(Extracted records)
+--

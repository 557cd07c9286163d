-- ===== src/Booking/Holds.antt =====
-- `createHold`, for a caller who is signed in as its only route demands, `getHold` and `releaseHold`
-- of apps/api/src/modules/booking.module.ts. Parameters are the hash of the program's crypto library,
-- the token that is drawn at random, the text of an id, and HOLD_MINUTES of the environment.
use package.text.Mathlib.Text.{◌==◌ as str_eq}
use lodgiva.Common.{
  ℕ, ◌+◌, ◌*◌, Bool, ◌&&◌, ◌||◌, not, none, some, [], ◌∷◌, String, ◌==◌, leb, find, any,
  update_where,
}
use lodgiva.Store.{
  Key, IsoDate, Instant, active, hold_released, is_active, number, day, RoomType, Property, Hold, M,
  pure, gets, require, modify, fresh, throw_if, ◌>>=◌, ◌>>◌, not_found, conflict, crash,
  hold_not_found, hold_not_active,
}
use lodgiva.Access.{Auth, assert_property, log}
use lodgiva.Inventory.{StayInput, allocate_stay, release_hold, expire_stale_holds}
use lodgiva.Booking.Quotes.{StayQuery, QuoteResult, assert_range, price_stay}

-- `holdSchema`
pub record CreateHold : Type 0 where
  pub property_id : Key
  pub rate_plan_id : Key
  pub arrival_date : IsoDate
  pub departure_date : IsoDate
  pub adults : ℕ
  pub children : ℕ

abbrev pub hold_query : Auth → CreateHold → Property → StayQuery
hold_query auth dto property = record {
  tenant_id = auth.tenant_id;
  property_id = property.id;
  business_date = property.business_date;
  rate_plan_id = dto.rate_plan_id;
  arrival_date = dto.arrival_date;
  departure_date = dto.departure_date;
  adults = dto.adults;
  children = dto.children;
}

-- The row of a hold.
abbrev pub hold_row : Auth → CreateHold → Property → QuoteResult → String → Instant → Key → Hold
hold_row auth dto property quoted token_hash expires_at id = record {
  id = id;
  tenant_id = auth.tenant_id;
  property_id = property.id;
  room_type_id = quoted.room_type.id;
  rate_plan_id = some quoted.rate_plan.id;
  token_hash = token_hash;
  arrival_date = dto.arrival_date;
  departure_date = dto.departure_date;
  adults = dto.adults;
  children = dto.children;
  quoted_total_minor = quoted.total_minor;
  quoted_nights = quoted.nights;
  quoted_taxes = quoted.taxes;
  status = active;
  expires_at = expires_at;
  released_at = none;
}

-- The claim of the nights of a hold.
abbrev pub hold_input : Hold → StayInput
hold_input h = record {
  tenant_id = h.tenant_id;
  property_id = h.property_id;
  room_type_id = h.room_type_id;
  arrival = h.arrival_date;
  departure = h.departure_date;
  hold_id = some h.id;
  reservation_room_id = none;
  consuming_hold_id = none;
}

pub record HoldReceipt : Type 0 where
  pub hold_id : Key
  pub hold_token : String
  pub expires_at : Instant
  pub expires_in_seconds : ℕ
  pub quoted : QuoteResult

-- The transaction of `createHold`, after the price; hashes of tokens have a unique index.
unfoldable pub place_hold :
    (String → String) → String → ℕ → Auth → CreateHold → Property → QuoteResult → M Hold
unfolding allocate_stay log
place_hold sha256 token minutes auth dto property quoted = do
  throw_if (← gets (λ db. any (λ h. str_eq h.token_hash (sha256 token)) db.holds)) crash
  now ← gets (λ db. db.now)
  id ← fresh
  let row = hold_row auth dto property quoted (sha256 token) (now + minutes * 60000) id
  modify (λ db. record db { holds = row ∷ db.holds })
  allocate_stay (hold_input row)
  log auth "reservation.hold_created" "hold" id (some property.id) (
      ("arrival", day dto.arrival_date)
      ∷ ("departure", day dto.departure_date)
      ∷ ("totalMinor", number quoted.total_minor)
      ∷ [])
  pure row

-- `createHold`
unfoldable pub create_hold : (String → String) → String → ℕ → Auth → CreateHold → M HoldReceipt
unfolding assert_range assert_property expire_stale_holds price_stay place_hold
create_hold sha256 token minutes auth dto = do
  assert_range dto.arrival_date dto.departure_date
  property ← assert_property auth dto.property_id
  expire_stale_holds (some auth.tenant_id)
  quoted ← price_stay (hold_query auth dto property)
  created ← place_hold sha256 token minutes auth dto property quoted
  pure (record {
    hold_id = created.id;
    hold_token = token;
    expires_at = created.expires_at;
    expires_in_seconds = minutes * 60;
    quoted = quoted;
  })

-- `OR: [{ id }, { tokenHash }]`
abbrev pub is_named : (Key → String) → (String → String) → String → Hold → Bool
is_named id_text sha256 given h = str_eq (id_text h.id) given || str_eq h.token_hash (sha256 given)

pub record HoldView : Type 0 where
  pub hold : Hold
  pub room_type : RoomType
  pub is_expired : Bool

-- `getHold`
unfoldable pub get_hold : (Key → String) → (String → String) → String → M HoldView
unfolding expire_stale_holds
get_hold id_text sha256 given = do
  expire_stale_holds none
  hold ←
      require (← gets (λ db. find (is_named id_text sha256 given) db.holds))
        (not_found hold_not_found)
  type ← require (← gets (λ db. find (λ t. t.id == hold.room_type_id) db.room_types)) crash
  now ← gets (λ db. db.now)
  pure (record {
    hold = hold;
    room_type = type;
    is_expired = is_active hold.status && leb hold.expires_at now;
  })

-- The columns that `releaseHold` updates.
abbrev pub released_row : Instant → Hold → Hold
released_row now h = record h { status = hold_released; released_at = some now }

-- `releaseHold`
unfoldable pub release_stay_hold : (Key → String) → (String → String) → Auth → String → M Hold
unfolding release_hold log
release_stay_hold id_text sha256 auth given = do
  hold ←
      require
        (← gets (λ db.
          find (λ h. h.tenant_id == auth.tenant_id && is_named id_text sha256 given h) db.holds))
        (not_found hold_not_found)
  throw_if (not (is_active hold.status)) (conflict hold_not_active)
  release_hold hold.id
  now ← gets (λ db. db.now)
  modify
      (λ db. record db { holds = update_where (λ h. h.id == hold.id) (released_row now) db.holds })
  log auth "reservation.hold_released" "hold" hold.id (some hold.property_id) []
  pure (released_row now hold)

+--

Among the entries, find every line holding "Instant" and return it.

▸ **ANSWER SECTION**:
  Key, IsoDate, Instant, active, hold_released, is_active, number, day, RoomType, Property, Hold, M,
abbrev pub hold_row : Auth → CreateHold → Property → QuoteResult → String → Instant → Key → Hold
  pub expires_at : Instant
abbrev pub released_row : Instant → Hold → Hold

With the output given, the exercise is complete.